English actress and singer (born 1992)

Eliza Bennett (born 17 March 1992) is an English actress and singer. Her most notable roles have been those of Meggie Folchart in the film Inkheart, Tora in the film Nanny McPhee, Susan in From Time to Time and Holly Manson in the West End musical Loserville. Bennett starred on the black comedy series Sweet/Vicious as Jules Thomas. In 2021, Bennett played Amanda Carrington in the final two seasons (2021–2022) of the series Dynasty.

==Early and personal life==
Bennett was born and grew up in Reading, Berkshire with her older brother and sister and attended Leighton Park School.

==Career==
===Film===
Bennett landed her first role as Jemima in Chitty Chitty Bang Bang at the London Palladium in 2002 aged nine.

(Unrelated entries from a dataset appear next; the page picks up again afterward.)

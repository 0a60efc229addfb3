-- ===== src/Orchestrator/Leads.antt =====
-- The requests that jarvis/core/orchestrator.py sends into the network.
use jarvis_server.Prelude.{
  All-append_one, String, ◌≡◌, refl, sym, ap, ◌∙◌, Bool, true, not, ◌&&◌, Option, none, some, List,
  [], ◌∷◌, ◌++◌, ◌⊎◌, inl, inr, str_eq, contains, arith, append-nil, append_assoc, All,
}
use jarvis_server.Value.{Value}
use jarvis_server.Orchestrator.{
  Request, Orchestrator, World, Caller, store_conversation_turn, ask_network,
}
use jarvis_server.Orchestrator.Catalog.{
  is_permitted, provides, listed, build_capability_catalog, listed-build_capability_catalog,
}
use jarvis_server.Orchestrator.Answers.{process_request}
use jarvis_server.Orchestrator.Stages.{process_request-P}

-- The meaning of a caller's set of agents: no set and the empty set permit every agent.
abbrev Permits : Option (List String) → String → Type 0
Permits none agent = Unit
Permits (some []) agent = Unit
Permits (some (a ∷ names)) agent = contains agent (a ∷ names) ≡ true

is_permitted-Permits :
    (allowed : Option (List String)) (agent : String)
    → is_permitted allowed agent ≡ true
    → Permits allowed agent
is_permitted-Permits none agent h = tt
is_permitted-Permits (some []) agent h = tt
is_permitted-Permits (some (a ∷ names)) agent h = h

-- A request for the understanding of language, under the caller's set of agents, or a mission for one
-- registered agent that provides the capability and that the caller permits.
abbrev pub IsLed : Caller → Orchestrator → Request → Type 0
IsLed caller o r =
    (lead : String) × (r.allowed ≡ some (lead ∷ []))
    × (contains lead o.agents ≡ true)
    × Permits caller.allowed_agents lead
    × (provides lead r.capability o.capability_registry ≡ true)

abbrev pub IsSound : Caller → Orchestrator → Request → Type 0
IsSound caller o r =
    ((r.capability ≡ "intent_matching") × (r.allowed ≡ caller.allowed_agents)) ⊎ IsLed caller o r

-- What has been sent since the state `o`.
record Sends (caller : Caller) (o o' : Orchestrator) : Type 0 where
  agents_stay : o'.agents ≡ o.agents
  registry_stays : o'.capability_registry ≡ o.capability_registry
  sent : List Request
  sent_now : o'.requests ≡ o.requests ++ sent
  each_sound : All (IsSound caller o) sent

abbrev pub OnlySound : Caller → Orchestrator → Orchestrator → Type 0
OnlySound caller o o' =
    (sent : List Request) × (o'.requests ≡ o.requests ++ sent) × All (IsSound caller o) sent

kept :
    (caller : Caller) (o o' o'' : Orchestrator)
    → Sends caller o o'
    → o''.agents ≡ o'.agents
    → o''.capability_registry ≡ o'.capability_registry
    → o''.requests ≡ o'.requests
    → Sends caller o o''
kept caller o o' o'' s a c r = record {
  agents_stay = a ∙ s.agents_stay;
  registry_stays = c ∙ s.registry_stays;
  sent = s.sent;
  sent_now = r ∙ s.sent_now;
  each_sound = s.each_sound;
}

store-Sends :
    (caller : Caller) (o o' : Orchestrator) (input : String) (v : Value)
    → Sends caller o o'
    → Sends caller o (store_conversation_turn caller.user_id input v o')
unfolding store_conversation_turn
store-Sends caller o o' input v s = kept caller o o' _ s refl refl refl

send-Sends :
    (caller : Caller) (o o' : Orchestrator) (capability : String) (payload : Value)
    (allowed : Option (List String))
    → IsSound caller o (record { capability = capability; payload = payload; allowed = allowed })
    → Sends caller o o'
    → Sends caller o (ask_network capability payload allowed o')
send-Sends caller o o' capability payload allowed q s =
    let r : Request = record { capability = capability; payload = payload; allowed = allowed } in
    record {
      agents_stay = s.agents_stay;
      registry_stays = s.registry_stays;
      sent = s.sent ++ r ∷ [];
      sent_now = ap (λ rs. rs ++ r ∷ []) s.sent_now ∙ append_assoc o.requests s.sent (r ∷ []);
      each_sound = All-append_one (IsSound caller o) r s.sent s.each_sound q;
    }

lead-IsLed :
    (caller : Caller) (o o' : Orchestrator) (lead capability : String) (payload : Value)
    → Sends caller o o'
    → contains lead o'.agents ≡ true
    → contains capability
        (listed lead (build_capability_catalog caller.allowed_agents o'.capability_registry))
      ≡ true
    → IsLed caller o
        (record { capability = capability; payload = payload; allowed = some (lead ∷ []) })
lead-IsLed caller o o' lead capability payload s a c =
    let registry = o.capability_registry in
    let e : (is_permitted caller.allowed_agents lead
          && (not (str_eq capability "intent_matching") && provides lead capability registry))
        ≡ true =
      sym (listed-build_capability_catalog caller.allowed_agents registry lead capability)
      ∙ ap
          (λ r.
            contains capability (listed lead (build_capability_catalog caller.allowed_agents r)))
          (sym s.registry_stays)
      ∙ c in
    (
      lead,
      refl,
      ap (contains lead) (sym s.agents_stay) ∙ a,
      is_permitted-Permits caller.allowed_agents lead (ground arith),
      ground arith,
    )

-- Whatever the outside answers, a request of a user makes the orchestrator send two kinds of requests
-- only: for the understanding of language, with the caller's set of allowed agents, or to a single
-- lead that is registered, a provider of the capability, and in the caller's set of allowed agents,
-- where no set and the empty set allow every agent. No reply of the language model makes it ask another
-- agent.
pub process_request-OnlySound :
    (text_of : Value → String) (folded : String → String) (in_text : String → String → Bool)
    (exception_text : Value → String) (caller : Caller) (input : String) (w : World)
    (o : Orchestrator)
    → OnlySound caller o (process_request text_of folded in_text exception_text input caller w o).1
process_request-OnlySound text_of folded in_text exception_text caller input w o =
    let start : Sends caller o o = record {
      agents_stay = refl;
      registry_stays = refl;
      sent = [];
      sent_now = sym (append-nil o.requests);
      each_sound = tt;
    } in
    let s =
      process_request-P text_of folded in_text exception_text caller (Sends caller o)
        (λ i ok o' h. kept caller o o' _ h refl refl refl)
        (λ f o' h. kept caller o o' _ h refl refl refl) (λ i v o' h. store-Sends caller o o' i v h)
        (λ d o' h.
          send-Sends caller o o' "intent_matching" d caller.allowed_agents (inl (refl, refl)) h)
        (λ l k d o' a c h.
          send-Sends caller o o' k d (some (l ∷ [])) (inr (lead-IsLed caller o o' l k d h a c)) h)
        input w o start in
    (s.sent, s.sent_now, s.each_sound)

She got her first film role playing Princess Arabella in 2004's The Prince & Me. In 2005 Bennett landed one of her biggest film roles, playing Tora in Nanny McPhee.

In 2005, she played Hayley in the TV movie Supernova, Young Anne in the 2006 film Victims, Emily in The Contractor with Wesley Snipes and television work as Nora in the Agatha Christie's Marple episode "By the Pricking of My Thumbs".

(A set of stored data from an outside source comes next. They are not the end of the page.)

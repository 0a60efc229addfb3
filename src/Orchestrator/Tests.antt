-- ===== src/Orchestrator/Tests.antt =====
-- Instances of the theorems on jarvis/core/orchestrator.py, and a mission that is dispatched.
use jarvis_server.Prelude.{
  String, ◌≡◌, refl, Bool, true, false, not, ◌&&◌, none, some, [], ◌∷◌, arith, contains, str_eq,
}
use jarvis_server.Prelude.Int.{pos}
use jarvis_server.Prelude.Dict.{get, put}
use jarvis_server.Value.{Value, null, text, obj, end, field, field_of, set_field, flag}
use jarvis_server.Orchestrator.{
  Turn, Orchestrator, run_raised, parsed, answered, expired, World, Caller,
}
use jarvis_server.Orchestrator.Catalog.{
  is_permitted, build_capability_catalog, listed, provides, listed-build_capability_catalog,
}
use jarvis_server.Orchestrator.Answers.{dispatch_mission, extract_response_text, process_request}
use jarvis_server.Orchestrator.History.{IsCapped, process_request-IsCapped}
use jarvis_server.Orchestrator.Leads.{OnlySound, process_request-OnlySound}

abbrev shown : Value → String
shown v = "shown"

abbrev same_text : String → String
same_text s = s

abbrev in_text : String → String → Bool
in_text s t = str_eq s t

abbrev old_turn : Turn
old_turn = record { user = "hello"; assistant = text "good evening" }

abbrev state : Orchestrator
state = record {
  agents = "ChatAgent" ∷ "CalendarAgent" ∷ "NLUAgent" ∷ [];
  capability_registry =
      ("chat", "ChatAgent" ∷ [])
      ∷ ("add_event", "CalendarAgent" ∷ [])
      ∷ ("intent_matching", "NLUAgent" ∷ [])
      ∷ [];
  has_protocol_runtime = true;
  has_ai_client = true;
  enable_coordinator = true;
  feedback_collector = none;
  response_timeout = 15;
  max_history_length = pos 2;
  conversation_history = λ u. old_turn ∷ old_turn ∷ [];
  night_mode = false;
  requests = [];
  interactions = [];
}

abbrev world : World
world = record {
  now = 100;
  matched = none;
  run = run_raised "unused";
  triage = parsed (
      obj (
        field "complexity" (text "complex") (
          field "lead_agent" (text "CalendarAgent")
            (field "lead_capability" (text "add_event") end))));
  mission = answered (obj (field "response" (text "the meeting is set") end));
  nlu = expired;
  correction_id = "c1";
  timestamp = "now";
}

abbrev caller : Caller
caller = record { user_id = pos 1; source = null; allowed_agents = none }

-- The coordinator answers with the lead's text.
coordinator_answers :
    (process_request shown same_text in_text shown "plan my day" caller world state).0
    ≡ obj (
        field "response"
          (text "the meeting is set")
          (field "coordinator" (flag true) (field "lead_agent" (text "CalendarAgent") end)))
unfolding process_request dispatch_mission extract_response_text get put field_of set_field
coordinator_answers = refl

listed-build_capability_catalog_example :
    contains "add_event" (
      listed "CalendarAgent"
        (build_capability_catalog (some ("ChatAgent" ∷ [])) state.capability_registry))
    ≡ (is_permitted (some ("ChatAgent" ∷ [])) "CalendarAgent"
        && (not (str_eq "add_event" "intent_matching")
            && provides "CalendarAgent" "add_event" state.capability_registry))
listed-build_capability_catalog_example =
    listed-build_capability_catalog (some ("ChatAgent" ∷ [])) state.capability_registry
      "CalendarAgent" "add_event"

process_request-IsCapped_example :
    IsCapped
      (pos 2)
      (process_request shown same_text in_text shown "plan my day" caller world state).1
process_request-IsCapped_example =
    process_request-IsCapped shown same_text in_text shown caller "plan my day" world (pos 2) state
      refl (refl, λ u. omega arith)

process_request-OnlySound_example :
    OnlySound caller state
      (process_request shown same_text in_text shown "plan my day" caller world state).1
process_request-OnlySound_example =
    process_request-OnlySound shown same_text in_text shown caller "plan my day" world state
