-- ===== src/Protocols/Execution.antt =====
-- jarvis/protocols/executor.py: the execution of the steps of a protocol. What
-- `agent.run_capability` does for the step with an index and its parameters is the argument `world`;
-- `is_failure` stands for `s.lower().startswith("failed to")`. Logging is left out.
use Prim.Native.String.{slice, len}
use package.text.Mathlib.Text.{starts_with}
use jarvis_server.Prelude.{
  ℕ, suc, String, Bool, false, Option, none, some, List, [], ◌∷◌, ◌++◌, str_eq, contains, ltb, ◌==◌,
  if◌then◌else◌, length, is_some, get_or,
}
use jarvis_server.Prelude.Dict.{Dict}
use jarvis_server.Prelude.Text.{concat, decimal}
use jarvis_server.Value.{Value, text, pair, obj, Fields, end, field, truthy, field_of, set_field}
use jarvis_server.Protocols.{ProtocolStep, Protocol}

-- How `run_capability` ends.
pub data CapabilityResult : Type 0 where
  returned : Value → CapabilityResult
  not_implemented : CapabilityResult
  raised : String → CapabilityResult

-- A call of `agent.run_capability(function, **params)`.
pub record Call : Type 0 where
  pub agent : String
  pub function : String
  pub parameters : Fields

pub record Progress : Type 0 where
  pub results : Fields
  pub calls : List Call

pub data ExecutionResult : Type 0 where
  success partial failure : ExecutionResult

abbrev pub error_result : String → Value
error_result e = obj (field "error" (text e) end)

unfoldable pub step_id : ℕ → ProtocolStep → String
unfolding concat decimal
step_id i s = concat ("step_" ∷ decimal i ∷ "_" ∷ s.function ∷ [])

-- The reason for which a step is not executed.
abbrev pub refusal : Option (List String) → List String → String → Option String
refusal none agents agent = if contains agent agents then none else some "agent_not_found"
refusal (some allowed) agents agent =
    if contains agent allowed
    then (if contains agent agents then none else some "agent_not_found")
    else some "agent_disallowed"

-- The reference `$name`: an extracted argument, or else the result of an earlier step.
abbrev first_of : Option Value → Option Value → Option Value
first_of (some v) r = some v
first_of none r = r

abbrev set_found : Option Value → String → Fields → Fields
set_found none name params = params
set_found (some v) name params = set_field name v params

abbrev map_parameter : Fields → Fields → String → String → Fields → Fields
map_parameter context results name mapping params =
    if starts_with mapping "$"
    then (let ref = slice mapping 1 (len mapping) in
        set_found (first_of (field_of ref context) (field_of ref results)) name params)
    else params

unfoldable pub map_parameters : Fields → Fields → Dict String → Fields → Fields
map_parameters context results [] params = params
map_parameters context results ((name, mapping) ∷ mappings) params =
    map_parameters context results mappings (map_parameter context results name mapping params)

module _ (is_failure : String → Bool) where
  -- A text that tells of a failure and a pair of nothing and a message count as errors.
  abbrev pub checked : Value → Value
  checked (text s) = if is_failure s then error_result s else text s
  checked (pair first (text message)) =
      if truthy first
      then pair first (text message)
      else error_result (if str_eq message "" then "Unknown error" else message)
  checked v = v

  abbrev pub step_result : CapabilityResult → Value
  step_result (returned v) = checked v
  step_result not_implemented = error_result "function_not_found"
  step_result (raised e) = error_result e

  abbrev pub run_step :
      Option String
      → (ℕ → Fields → CapabilityResult)
      → Fields
      → ℕ
      → ProtocolStep
      → Progress
      → Progress
  run_step (some reason) world context i s p = record p {
    results = set_field (step_id i s) (error_result reason) p.results;
  }
  run_step none world context i s p =
      let params = map_parameters context p.results s.parameter_mappings s.parameters in
      record {
        results = set_field (step_id i s) (step_result (world i params)) p.results;
        calls =
            p.calls ++ record { agent = s.agent; function = s.function; parameters = params } ∷ [];
      }

  -- The loop over the steps, from index `i` on.
  unfoldable pub run_steps :
      Option (List String)
      → List String
      → (ℕ → Fields → CapabilityResult)
      → Fields
      → ℕ
      → List ProtocolStep
      → Progress
      → Progress
  run_steps allowed agents world context i [] p = p
  run_steps allowed agents world context i (s ∷ ss) p =
      run_steps allowed agents world context (suc i) ss
        (run_step (refusal allowed agents s.agent) world context i s p)

  -- `execute`, where a missing context is an empty one
  unfoldable pub execute :
      Option (List String)
      → List String
      → (ℕ → Fields → CapabilityResult)
      → Option Fields
      → Protocol
      → Progress
  unfolding run_steps
  execute allowed agents world context protocol =
      run_steps allowed agents world (get_or end context) 0 protocol.steps
        (record { results = end; calls = [] })

-- `isinstance(r, dict) and "error" in r`
abbrev pub is_error : Value → Bool
is_error (obj fs) = is_some (field_of "error" fs)
is_error _ = false

abbrev count_errors : Fields → ℕ
count_errors end = 0
count_errors (field k v fs) = let n = count_errors fs in if is_error v then suc n else n

-- The result that is logged for the execution.
unfoldable pub execution_result : Protocol → Fields → ExecutionResult
execution_result protocol results =
    if count_errors results == 0
    then success
    else if ltb (count_errors results) (length protocol.steps)
    then partial
    else failure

In 2006, Bennett played the role of Meggie Folchart in the film Inkheart, based on the novel by Cornelia Funke. In 2009, she went on to land the role of Susan in Julian Fellowes' film From Time to Time.

In 2010, Bennett played the role of Kate Anderson in Johannes Roberts' thriller film F, and appeared in Roadkill in 2011. In 2012, she portrayed the psychopathic character of Kayleigh in the thriller film Confine; a role for which she received a best supporting actress nomination at the Wild Rose Independent Film Festival, eventually receiving a distinctive achievement award. and also winning Best Actress Award for Confine at CYIFF 2013

Bennett played Alex/Brittany in the 2015 film H8RZ and Agathe Von Trapp in the 2015 film The von Trapp Family: A Life of Music.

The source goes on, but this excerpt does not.